### REQUIRED WORK
Report back every line in the data that includes the string "exact".

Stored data
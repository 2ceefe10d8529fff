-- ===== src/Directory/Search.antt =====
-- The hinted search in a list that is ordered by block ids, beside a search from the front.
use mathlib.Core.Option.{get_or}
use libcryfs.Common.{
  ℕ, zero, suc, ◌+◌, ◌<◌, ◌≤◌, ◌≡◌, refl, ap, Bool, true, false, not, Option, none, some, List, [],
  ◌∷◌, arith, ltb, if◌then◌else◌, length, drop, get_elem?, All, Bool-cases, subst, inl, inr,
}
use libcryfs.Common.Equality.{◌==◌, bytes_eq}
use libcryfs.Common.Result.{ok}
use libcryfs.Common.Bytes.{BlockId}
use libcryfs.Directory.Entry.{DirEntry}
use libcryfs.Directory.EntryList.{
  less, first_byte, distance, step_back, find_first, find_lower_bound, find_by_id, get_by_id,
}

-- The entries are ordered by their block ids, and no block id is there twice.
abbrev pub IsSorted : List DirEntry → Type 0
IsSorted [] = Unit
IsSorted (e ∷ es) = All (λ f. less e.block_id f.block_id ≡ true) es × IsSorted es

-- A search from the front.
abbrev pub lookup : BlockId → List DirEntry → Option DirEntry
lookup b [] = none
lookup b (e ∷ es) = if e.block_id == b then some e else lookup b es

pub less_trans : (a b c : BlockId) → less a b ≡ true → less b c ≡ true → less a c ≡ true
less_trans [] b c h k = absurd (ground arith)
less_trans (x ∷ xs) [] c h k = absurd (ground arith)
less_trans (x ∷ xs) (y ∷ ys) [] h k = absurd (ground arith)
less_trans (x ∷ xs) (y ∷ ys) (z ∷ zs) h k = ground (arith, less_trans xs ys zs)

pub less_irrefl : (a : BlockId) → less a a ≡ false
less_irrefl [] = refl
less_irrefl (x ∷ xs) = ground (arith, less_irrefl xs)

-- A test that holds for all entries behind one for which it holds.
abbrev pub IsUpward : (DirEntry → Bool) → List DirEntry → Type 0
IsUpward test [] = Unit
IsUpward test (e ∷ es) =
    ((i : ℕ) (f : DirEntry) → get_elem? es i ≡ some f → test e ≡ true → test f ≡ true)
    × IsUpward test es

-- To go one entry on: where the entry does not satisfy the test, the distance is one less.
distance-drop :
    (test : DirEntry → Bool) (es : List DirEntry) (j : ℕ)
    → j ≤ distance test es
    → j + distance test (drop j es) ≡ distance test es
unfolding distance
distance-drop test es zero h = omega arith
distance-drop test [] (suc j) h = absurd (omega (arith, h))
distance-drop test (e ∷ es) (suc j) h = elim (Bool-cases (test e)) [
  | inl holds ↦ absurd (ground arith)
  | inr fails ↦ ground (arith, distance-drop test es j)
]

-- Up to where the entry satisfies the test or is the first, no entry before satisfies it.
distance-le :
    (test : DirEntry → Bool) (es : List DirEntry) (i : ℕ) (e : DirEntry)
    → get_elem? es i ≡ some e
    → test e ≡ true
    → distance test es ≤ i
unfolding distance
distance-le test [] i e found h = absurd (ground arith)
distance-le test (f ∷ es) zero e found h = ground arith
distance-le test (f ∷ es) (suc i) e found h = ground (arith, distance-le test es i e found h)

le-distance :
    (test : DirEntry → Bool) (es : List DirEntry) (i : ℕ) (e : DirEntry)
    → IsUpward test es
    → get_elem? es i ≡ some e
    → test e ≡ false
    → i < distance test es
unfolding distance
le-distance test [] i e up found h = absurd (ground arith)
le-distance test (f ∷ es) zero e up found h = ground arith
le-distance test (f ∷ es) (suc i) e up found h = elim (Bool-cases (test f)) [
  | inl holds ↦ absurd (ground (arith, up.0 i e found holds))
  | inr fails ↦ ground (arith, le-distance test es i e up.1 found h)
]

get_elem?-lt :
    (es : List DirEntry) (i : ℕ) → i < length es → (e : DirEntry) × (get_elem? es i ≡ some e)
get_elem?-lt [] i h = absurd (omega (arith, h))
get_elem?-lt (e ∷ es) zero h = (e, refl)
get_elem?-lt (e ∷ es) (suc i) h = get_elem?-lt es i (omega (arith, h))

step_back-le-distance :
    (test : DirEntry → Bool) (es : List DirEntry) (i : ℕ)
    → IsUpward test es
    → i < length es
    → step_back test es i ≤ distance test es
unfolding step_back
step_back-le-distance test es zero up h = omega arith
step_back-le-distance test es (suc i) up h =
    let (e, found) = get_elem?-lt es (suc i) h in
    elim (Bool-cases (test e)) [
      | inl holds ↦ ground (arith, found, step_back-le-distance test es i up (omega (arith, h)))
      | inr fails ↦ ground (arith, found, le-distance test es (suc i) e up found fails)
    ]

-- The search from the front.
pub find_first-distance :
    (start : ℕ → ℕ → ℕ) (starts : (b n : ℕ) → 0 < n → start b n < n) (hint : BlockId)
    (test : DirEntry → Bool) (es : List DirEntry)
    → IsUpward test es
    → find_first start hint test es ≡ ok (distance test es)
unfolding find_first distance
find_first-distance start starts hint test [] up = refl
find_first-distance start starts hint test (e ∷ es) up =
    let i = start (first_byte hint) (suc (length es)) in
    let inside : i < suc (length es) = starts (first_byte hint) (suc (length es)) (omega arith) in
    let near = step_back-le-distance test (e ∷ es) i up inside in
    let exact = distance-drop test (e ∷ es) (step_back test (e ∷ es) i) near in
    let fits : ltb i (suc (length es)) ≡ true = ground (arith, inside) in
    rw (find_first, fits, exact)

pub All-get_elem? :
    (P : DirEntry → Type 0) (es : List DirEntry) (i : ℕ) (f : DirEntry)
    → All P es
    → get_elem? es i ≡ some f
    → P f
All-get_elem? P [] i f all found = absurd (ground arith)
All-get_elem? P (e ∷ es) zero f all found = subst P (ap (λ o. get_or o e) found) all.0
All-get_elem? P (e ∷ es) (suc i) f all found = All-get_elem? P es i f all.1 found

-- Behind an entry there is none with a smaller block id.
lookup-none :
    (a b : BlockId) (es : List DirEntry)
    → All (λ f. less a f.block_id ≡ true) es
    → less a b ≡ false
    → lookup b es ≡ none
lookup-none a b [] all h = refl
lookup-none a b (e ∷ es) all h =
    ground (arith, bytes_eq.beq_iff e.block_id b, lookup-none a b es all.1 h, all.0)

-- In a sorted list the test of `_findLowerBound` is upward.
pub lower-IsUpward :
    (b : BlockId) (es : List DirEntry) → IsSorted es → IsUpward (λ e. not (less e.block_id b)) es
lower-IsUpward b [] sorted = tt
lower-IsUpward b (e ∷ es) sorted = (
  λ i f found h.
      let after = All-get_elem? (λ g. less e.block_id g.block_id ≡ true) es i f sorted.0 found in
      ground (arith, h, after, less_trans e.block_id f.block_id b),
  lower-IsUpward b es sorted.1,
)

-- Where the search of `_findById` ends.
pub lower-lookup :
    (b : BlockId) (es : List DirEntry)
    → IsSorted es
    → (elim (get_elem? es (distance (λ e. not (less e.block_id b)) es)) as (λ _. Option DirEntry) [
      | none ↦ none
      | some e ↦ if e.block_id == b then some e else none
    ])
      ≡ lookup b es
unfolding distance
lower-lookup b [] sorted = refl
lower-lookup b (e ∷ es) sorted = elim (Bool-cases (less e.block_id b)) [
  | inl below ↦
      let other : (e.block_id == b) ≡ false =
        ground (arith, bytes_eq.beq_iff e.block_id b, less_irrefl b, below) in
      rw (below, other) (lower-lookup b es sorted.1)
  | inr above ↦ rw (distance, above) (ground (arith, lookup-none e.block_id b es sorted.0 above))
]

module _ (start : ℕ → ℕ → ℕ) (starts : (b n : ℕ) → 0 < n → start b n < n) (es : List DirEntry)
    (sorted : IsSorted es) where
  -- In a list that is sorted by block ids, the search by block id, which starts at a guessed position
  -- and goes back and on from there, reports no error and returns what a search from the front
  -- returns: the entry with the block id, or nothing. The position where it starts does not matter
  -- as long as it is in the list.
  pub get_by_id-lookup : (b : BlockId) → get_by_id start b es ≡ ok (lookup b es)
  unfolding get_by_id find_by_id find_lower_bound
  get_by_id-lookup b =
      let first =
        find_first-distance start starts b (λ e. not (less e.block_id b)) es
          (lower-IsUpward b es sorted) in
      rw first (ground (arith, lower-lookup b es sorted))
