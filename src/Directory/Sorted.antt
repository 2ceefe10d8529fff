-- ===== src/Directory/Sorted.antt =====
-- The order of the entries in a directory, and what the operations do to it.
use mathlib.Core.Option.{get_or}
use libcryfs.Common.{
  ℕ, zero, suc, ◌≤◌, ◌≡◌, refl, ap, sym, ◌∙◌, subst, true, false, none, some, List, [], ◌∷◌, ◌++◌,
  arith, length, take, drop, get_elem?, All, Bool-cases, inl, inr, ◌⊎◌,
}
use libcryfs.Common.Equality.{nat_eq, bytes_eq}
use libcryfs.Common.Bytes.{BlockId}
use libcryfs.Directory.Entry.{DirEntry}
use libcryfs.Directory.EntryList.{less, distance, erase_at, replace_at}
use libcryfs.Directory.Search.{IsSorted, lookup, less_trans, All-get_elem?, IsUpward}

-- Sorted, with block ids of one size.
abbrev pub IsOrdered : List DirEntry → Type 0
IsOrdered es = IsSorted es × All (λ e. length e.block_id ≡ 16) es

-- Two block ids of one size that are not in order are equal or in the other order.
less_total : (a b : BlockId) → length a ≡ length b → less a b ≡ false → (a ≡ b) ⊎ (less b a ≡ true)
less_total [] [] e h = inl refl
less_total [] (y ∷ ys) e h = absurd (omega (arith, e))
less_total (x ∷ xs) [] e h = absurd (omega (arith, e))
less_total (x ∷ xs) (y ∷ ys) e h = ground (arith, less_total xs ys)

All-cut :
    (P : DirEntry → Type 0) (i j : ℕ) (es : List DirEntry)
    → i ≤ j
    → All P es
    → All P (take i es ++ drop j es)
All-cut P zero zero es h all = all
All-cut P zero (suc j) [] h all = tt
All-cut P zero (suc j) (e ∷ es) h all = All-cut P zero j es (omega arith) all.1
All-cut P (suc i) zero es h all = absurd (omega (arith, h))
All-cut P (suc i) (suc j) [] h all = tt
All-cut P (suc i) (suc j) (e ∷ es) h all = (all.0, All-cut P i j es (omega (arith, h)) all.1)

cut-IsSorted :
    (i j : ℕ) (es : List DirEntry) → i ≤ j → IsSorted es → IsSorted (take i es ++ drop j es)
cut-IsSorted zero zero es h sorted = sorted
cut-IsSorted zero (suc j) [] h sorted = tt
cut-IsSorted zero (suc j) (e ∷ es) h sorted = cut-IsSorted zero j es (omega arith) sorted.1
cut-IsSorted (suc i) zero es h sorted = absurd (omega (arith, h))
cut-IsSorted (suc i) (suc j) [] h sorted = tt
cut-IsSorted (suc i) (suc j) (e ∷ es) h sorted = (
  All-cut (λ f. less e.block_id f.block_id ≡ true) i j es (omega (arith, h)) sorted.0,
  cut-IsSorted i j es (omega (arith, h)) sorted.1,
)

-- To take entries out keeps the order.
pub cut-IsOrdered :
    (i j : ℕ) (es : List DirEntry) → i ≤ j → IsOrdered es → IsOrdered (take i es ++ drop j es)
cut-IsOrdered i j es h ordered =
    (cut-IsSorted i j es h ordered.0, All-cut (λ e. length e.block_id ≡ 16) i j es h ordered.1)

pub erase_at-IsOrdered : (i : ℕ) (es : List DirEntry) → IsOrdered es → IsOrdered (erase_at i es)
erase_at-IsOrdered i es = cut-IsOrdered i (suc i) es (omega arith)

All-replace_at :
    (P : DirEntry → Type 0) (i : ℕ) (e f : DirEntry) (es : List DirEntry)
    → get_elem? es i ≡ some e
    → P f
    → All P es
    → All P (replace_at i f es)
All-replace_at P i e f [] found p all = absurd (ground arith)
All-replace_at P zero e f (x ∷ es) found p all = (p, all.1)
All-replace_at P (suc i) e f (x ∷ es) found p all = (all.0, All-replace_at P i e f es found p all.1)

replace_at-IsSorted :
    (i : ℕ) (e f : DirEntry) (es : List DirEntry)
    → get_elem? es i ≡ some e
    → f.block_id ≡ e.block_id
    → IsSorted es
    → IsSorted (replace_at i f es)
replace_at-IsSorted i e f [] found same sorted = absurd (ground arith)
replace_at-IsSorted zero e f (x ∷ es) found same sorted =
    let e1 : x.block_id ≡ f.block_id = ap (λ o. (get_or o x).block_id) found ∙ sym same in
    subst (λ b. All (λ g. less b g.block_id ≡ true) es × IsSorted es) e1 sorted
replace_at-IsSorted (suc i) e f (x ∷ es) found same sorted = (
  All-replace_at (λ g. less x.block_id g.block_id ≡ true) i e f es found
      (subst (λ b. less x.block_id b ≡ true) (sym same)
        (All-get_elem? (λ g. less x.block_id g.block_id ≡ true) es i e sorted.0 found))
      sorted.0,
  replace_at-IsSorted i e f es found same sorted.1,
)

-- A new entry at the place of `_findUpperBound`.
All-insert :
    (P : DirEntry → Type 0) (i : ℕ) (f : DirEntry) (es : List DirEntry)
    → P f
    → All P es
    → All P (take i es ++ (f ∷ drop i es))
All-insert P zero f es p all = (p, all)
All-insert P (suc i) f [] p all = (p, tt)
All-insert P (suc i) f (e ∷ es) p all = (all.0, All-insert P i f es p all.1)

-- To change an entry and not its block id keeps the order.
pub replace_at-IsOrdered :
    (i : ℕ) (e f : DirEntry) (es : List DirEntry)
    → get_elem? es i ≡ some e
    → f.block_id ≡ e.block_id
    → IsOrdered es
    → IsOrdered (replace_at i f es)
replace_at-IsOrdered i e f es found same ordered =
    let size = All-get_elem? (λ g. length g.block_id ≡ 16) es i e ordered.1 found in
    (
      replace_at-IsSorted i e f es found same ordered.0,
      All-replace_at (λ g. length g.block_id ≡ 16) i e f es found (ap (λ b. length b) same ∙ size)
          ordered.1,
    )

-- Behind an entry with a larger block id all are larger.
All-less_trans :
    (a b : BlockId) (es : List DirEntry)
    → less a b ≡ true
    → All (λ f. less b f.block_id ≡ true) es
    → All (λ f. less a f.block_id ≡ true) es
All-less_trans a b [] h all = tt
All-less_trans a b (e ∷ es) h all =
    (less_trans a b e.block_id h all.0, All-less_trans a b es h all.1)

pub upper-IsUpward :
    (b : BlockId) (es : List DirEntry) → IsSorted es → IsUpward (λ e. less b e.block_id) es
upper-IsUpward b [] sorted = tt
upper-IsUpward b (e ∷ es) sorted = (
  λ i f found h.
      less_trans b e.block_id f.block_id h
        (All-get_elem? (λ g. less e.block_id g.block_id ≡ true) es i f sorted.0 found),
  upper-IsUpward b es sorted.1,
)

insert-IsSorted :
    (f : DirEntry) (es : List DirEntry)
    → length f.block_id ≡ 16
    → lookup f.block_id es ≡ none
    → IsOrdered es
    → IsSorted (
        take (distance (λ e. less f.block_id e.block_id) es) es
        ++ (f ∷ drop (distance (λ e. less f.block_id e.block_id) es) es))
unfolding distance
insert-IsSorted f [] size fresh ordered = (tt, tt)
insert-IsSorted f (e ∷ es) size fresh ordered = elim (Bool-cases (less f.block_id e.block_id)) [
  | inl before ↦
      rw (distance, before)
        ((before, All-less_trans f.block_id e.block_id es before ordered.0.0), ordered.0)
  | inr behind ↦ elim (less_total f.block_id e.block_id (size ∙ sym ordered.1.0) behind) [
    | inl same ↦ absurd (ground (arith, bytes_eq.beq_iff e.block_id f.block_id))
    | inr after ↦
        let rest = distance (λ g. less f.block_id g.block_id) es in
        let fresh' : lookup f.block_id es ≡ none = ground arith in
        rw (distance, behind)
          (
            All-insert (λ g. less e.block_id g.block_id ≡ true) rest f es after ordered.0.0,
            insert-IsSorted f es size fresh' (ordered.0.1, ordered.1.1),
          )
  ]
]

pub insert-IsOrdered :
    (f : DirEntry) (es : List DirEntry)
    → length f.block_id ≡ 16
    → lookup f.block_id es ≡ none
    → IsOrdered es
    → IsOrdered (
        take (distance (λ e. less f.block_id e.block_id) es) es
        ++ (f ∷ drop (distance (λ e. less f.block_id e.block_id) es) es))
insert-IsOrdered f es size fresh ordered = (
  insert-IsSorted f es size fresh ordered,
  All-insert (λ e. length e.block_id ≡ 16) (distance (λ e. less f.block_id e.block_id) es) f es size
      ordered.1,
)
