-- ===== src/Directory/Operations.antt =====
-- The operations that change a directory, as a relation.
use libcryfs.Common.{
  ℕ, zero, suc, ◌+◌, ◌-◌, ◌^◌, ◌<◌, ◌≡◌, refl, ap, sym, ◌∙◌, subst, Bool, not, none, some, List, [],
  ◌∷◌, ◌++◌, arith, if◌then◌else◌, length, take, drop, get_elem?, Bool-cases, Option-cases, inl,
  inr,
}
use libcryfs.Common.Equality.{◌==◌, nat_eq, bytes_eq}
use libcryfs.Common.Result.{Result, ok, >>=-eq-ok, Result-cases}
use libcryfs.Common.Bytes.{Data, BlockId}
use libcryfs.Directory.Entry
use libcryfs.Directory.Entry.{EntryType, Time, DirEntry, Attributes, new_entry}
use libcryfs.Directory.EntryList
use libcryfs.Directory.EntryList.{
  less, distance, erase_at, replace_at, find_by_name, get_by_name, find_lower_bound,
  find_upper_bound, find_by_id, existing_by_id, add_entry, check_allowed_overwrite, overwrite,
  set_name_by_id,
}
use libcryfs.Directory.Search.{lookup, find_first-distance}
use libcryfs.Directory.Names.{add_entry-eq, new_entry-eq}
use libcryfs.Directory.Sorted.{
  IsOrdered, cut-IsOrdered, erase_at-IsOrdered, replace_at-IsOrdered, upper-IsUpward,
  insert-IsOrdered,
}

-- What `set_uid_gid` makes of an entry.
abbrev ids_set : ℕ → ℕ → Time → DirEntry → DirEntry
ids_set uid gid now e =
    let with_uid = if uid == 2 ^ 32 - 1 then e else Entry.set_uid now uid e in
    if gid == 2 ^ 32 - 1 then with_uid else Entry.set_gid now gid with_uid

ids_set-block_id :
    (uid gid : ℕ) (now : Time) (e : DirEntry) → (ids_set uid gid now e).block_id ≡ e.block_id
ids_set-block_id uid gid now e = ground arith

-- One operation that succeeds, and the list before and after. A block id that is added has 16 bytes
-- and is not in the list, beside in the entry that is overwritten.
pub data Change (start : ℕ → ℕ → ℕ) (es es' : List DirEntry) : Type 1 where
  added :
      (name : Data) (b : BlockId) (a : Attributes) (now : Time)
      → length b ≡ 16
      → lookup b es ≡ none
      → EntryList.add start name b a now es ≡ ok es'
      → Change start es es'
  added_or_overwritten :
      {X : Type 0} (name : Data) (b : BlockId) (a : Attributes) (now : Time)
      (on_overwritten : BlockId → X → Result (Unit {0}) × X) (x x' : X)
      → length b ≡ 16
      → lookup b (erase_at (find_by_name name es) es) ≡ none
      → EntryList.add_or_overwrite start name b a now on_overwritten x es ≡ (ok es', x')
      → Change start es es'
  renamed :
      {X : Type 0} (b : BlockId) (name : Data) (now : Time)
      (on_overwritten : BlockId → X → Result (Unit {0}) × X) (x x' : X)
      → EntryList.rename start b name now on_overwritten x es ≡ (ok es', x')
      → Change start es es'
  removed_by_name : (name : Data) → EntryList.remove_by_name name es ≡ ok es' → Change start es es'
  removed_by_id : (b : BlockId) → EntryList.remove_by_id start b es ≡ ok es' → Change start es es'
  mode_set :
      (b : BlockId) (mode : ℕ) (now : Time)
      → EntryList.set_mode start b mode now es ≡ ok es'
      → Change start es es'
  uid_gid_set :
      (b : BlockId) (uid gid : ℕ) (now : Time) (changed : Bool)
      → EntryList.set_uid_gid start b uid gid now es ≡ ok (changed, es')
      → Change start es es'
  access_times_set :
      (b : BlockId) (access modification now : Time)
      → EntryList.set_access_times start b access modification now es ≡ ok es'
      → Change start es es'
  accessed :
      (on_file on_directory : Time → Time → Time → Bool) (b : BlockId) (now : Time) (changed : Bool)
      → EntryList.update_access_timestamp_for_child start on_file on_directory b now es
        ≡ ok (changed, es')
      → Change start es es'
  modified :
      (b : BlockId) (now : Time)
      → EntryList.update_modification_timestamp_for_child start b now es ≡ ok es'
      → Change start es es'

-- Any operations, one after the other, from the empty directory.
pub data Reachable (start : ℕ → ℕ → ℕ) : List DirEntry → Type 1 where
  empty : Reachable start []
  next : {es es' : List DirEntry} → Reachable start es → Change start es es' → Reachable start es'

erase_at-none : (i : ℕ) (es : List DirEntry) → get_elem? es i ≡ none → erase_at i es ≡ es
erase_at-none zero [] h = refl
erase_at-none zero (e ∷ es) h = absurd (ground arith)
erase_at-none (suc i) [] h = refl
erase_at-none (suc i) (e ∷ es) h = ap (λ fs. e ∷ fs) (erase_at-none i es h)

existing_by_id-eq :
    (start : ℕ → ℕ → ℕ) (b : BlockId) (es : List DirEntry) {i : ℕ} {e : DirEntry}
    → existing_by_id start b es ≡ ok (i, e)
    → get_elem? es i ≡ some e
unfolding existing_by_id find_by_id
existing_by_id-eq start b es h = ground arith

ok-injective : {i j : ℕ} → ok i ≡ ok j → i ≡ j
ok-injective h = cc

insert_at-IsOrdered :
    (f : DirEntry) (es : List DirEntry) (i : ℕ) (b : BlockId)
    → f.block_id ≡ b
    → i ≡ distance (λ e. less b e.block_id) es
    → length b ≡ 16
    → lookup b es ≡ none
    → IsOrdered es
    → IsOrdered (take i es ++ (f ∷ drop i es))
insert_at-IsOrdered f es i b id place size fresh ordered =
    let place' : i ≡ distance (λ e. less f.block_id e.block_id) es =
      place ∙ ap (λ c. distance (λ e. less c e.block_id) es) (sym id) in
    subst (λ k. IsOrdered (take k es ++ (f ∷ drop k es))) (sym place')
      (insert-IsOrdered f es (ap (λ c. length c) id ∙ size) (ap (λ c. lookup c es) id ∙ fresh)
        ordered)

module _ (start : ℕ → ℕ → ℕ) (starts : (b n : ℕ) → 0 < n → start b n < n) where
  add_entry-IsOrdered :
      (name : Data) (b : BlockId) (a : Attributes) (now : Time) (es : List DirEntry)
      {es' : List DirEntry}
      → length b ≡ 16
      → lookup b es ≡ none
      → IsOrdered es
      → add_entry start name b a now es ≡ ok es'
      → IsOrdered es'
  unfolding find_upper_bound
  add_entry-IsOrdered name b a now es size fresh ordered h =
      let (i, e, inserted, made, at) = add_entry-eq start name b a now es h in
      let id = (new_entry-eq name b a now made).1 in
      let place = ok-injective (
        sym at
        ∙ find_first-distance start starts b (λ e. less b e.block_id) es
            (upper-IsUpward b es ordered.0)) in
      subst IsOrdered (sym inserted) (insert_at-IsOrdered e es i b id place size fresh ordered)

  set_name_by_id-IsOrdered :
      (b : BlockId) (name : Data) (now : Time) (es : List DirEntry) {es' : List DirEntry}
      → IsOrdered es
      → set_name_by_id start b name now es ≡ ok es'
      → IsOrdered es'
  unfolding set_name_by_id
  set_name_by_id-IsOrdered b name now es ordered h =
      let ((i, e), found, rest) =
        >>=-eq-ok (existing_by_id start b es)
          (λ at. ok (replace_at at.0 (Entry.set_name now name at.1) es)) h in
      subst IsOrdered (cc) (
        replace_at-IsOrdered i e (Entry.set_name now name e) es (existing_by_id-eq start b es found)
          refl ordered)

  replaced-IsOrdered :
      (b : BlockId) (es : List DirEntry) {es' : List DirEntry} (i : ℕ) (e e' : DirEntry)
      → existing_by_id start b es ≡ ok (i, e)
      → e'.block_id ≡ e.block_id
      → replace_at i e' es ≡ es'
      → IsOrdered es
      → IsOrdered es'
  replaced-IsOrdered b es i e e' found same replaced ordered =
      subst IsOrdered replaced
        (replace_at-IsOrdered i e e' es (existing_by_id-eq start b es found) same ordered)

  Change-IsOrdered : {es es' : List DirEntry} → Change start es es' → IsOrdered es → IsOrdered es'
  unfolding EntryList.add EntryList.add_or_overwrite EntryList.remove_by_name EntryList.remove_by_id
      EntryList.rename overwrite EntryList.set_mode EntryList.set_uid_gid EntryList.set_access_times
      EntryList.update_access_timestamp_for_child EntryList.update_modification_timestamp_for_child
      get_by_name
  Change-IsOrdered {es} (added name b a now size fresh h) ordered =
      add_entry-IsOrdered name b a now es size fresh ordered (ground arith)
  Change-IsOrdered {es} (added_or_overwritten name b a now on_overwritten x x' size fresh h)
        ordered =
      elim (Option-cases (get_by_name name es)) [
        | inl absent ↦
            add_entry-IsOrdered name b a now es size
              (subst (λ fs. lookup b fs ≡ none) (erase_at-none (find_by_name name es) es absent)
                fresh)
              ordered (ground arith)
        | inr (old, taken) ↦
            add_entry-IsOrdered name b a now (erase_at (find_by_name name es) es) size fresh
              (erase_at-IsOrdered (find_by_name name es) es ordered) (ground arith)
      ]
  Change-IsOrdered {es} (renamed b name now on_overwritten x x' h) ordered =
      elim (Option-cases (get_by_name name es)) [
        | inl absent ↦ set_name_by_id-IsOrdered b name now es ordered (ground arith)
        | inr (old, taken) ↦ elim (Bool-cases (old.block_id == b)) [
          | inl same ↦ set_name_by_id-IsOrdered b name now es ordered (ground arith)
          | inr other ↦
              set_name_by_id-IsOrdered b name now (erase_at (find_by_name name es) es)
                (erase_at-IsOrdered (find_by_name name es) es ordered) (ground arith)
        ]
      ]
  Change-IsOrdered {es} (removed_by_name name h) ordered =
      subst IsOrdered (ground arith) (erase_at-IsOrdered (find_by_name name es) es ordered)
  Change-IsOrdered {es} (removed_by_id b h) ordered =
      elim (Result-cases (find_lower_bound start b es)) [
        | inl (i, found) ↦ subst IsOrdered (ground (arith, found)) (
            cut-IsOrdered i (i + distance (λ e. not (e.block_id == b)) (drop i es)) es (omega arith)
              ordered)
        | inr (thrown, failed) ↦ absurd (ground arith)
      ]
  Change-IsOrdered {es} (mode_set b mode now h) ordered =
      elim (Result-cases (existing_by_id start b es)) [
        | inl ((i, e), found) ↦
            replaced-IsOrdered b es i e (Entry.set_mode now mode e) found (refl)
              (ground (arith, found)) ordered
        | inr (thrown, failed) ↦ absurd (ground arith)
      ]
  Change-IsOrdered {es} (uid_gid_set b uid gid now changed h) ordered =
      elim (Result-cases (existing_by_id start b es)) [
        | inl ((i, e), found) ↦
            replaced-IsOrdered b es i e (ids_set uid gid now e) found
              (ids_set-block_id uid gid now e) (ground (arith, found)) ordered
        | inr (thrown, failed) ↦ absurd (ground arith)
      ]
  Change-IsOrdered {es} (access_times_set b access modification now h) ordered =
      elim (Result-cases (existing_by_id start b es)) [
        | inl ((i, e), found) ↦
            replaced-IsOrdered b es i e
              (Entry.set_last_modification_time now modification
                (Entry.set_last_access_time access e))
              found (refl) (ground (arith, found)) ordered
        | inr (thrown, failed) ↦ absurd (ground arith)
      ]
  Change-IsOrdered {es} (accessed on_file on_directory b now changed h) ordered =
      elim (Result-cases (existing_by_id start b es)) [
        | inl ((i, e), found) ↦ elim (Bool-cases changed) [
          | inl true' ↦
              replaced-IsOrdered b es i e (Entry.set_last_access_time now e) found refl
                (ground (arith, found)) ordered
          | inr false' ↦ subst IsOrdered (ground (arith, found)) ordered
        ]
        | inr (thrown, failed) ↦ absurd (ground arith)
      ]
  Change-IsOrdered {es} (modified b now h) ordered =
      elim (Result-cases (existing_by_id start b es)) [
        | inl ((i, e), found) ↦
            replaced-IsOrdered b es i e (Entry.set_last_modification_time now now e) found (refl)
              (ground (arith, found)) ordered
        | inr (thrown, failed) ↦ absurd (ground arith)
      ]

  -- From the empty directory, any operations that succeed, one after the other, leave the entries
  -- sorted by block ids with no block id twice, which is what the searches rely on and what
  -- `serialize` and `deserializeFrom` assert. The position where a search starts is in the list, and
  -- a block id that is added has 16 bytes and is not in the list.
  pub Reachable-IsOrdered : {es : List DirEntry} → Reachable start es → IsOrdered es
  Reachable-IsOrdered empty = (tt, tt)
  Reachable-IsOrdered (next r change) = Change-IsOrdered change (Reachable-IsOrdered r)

### SOLUTION
    let exact = distance-drop test (e ∷ es) (step_back test (e ∷ es) i) near in
    rw (find_first, fits, exact)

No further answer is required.